Saved data entries:
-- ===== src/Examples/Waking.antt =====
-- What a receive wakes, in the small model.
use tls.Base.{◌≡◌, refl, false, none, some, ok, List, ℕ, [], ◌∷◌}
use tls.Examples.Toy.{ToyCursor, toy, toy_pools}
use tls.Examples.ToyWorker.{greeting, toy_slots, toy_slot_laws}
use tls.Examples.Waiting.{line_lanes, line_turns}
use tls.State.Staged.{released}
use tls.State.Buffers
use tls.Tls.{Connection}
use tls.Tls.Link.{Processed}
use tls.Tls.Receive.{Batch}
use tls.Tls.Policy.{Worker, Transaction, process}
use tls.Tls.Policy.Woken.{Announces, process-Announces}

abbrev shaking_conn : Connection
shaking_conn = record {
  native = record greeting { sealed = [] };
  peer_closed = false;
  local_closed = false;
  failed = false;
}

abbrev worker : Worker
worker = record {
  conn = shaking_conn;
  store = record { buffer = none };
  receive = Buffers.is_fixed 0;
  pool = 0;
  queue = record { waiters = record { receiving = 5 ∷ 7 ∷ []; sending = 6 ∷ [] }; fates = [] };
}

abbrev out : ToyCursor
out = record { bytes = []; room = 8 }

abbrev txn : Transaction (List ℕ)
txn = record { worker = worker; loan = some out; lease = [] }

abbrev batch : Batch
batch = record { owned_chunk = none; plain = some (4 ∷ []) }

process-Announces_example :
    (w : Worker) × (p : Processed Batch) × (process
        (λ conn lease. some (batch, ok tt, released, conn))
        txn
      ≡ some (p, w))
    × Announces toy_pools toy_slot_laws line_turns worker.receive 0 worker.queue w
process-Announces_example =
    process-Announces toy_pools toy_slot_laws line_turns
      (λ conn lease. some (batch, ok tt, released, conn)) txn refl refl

...

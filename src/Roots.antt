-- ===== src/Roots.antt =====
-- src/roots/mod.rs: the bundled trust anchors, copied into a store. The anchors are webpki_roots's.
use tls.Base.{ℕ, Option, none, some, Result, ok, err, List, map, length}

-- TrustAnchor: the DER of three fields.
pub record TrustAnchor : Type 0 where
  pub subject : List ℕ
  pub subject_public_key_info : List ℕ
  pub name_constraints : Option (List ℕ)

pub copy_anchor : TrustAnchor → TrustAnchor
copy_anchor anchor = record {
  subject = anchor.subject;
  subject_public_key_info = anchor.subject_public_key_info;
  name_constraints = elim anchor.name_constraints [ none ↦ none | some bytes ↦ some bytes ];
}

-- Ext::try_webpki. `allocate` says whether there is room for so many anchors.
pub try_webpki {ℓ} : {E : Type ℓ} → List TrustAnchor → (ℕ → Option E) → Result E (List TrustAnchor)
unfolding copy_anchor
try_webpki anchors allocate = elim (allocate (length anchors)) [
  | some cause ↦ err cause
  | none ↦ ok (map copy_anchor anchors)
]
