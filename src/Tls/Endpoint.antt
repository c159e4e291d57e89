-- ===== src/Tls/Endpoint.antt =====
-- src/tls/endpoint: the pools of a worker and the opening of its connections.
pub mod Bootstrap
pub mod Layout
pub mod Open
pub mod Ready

To do: Each line holding "Option" in the records should be copied out.

Task solution:
use tls.Base.{ℕ, Option, none, some, Result, ok, err, List, map, length}
  pub name_constraints : Option (List ℕ)
pub try_webpki {ℓ} : {E : Type ℓ} → List TrustAnchor → (ℕ → Option E) → Result E (List TrustAnchor)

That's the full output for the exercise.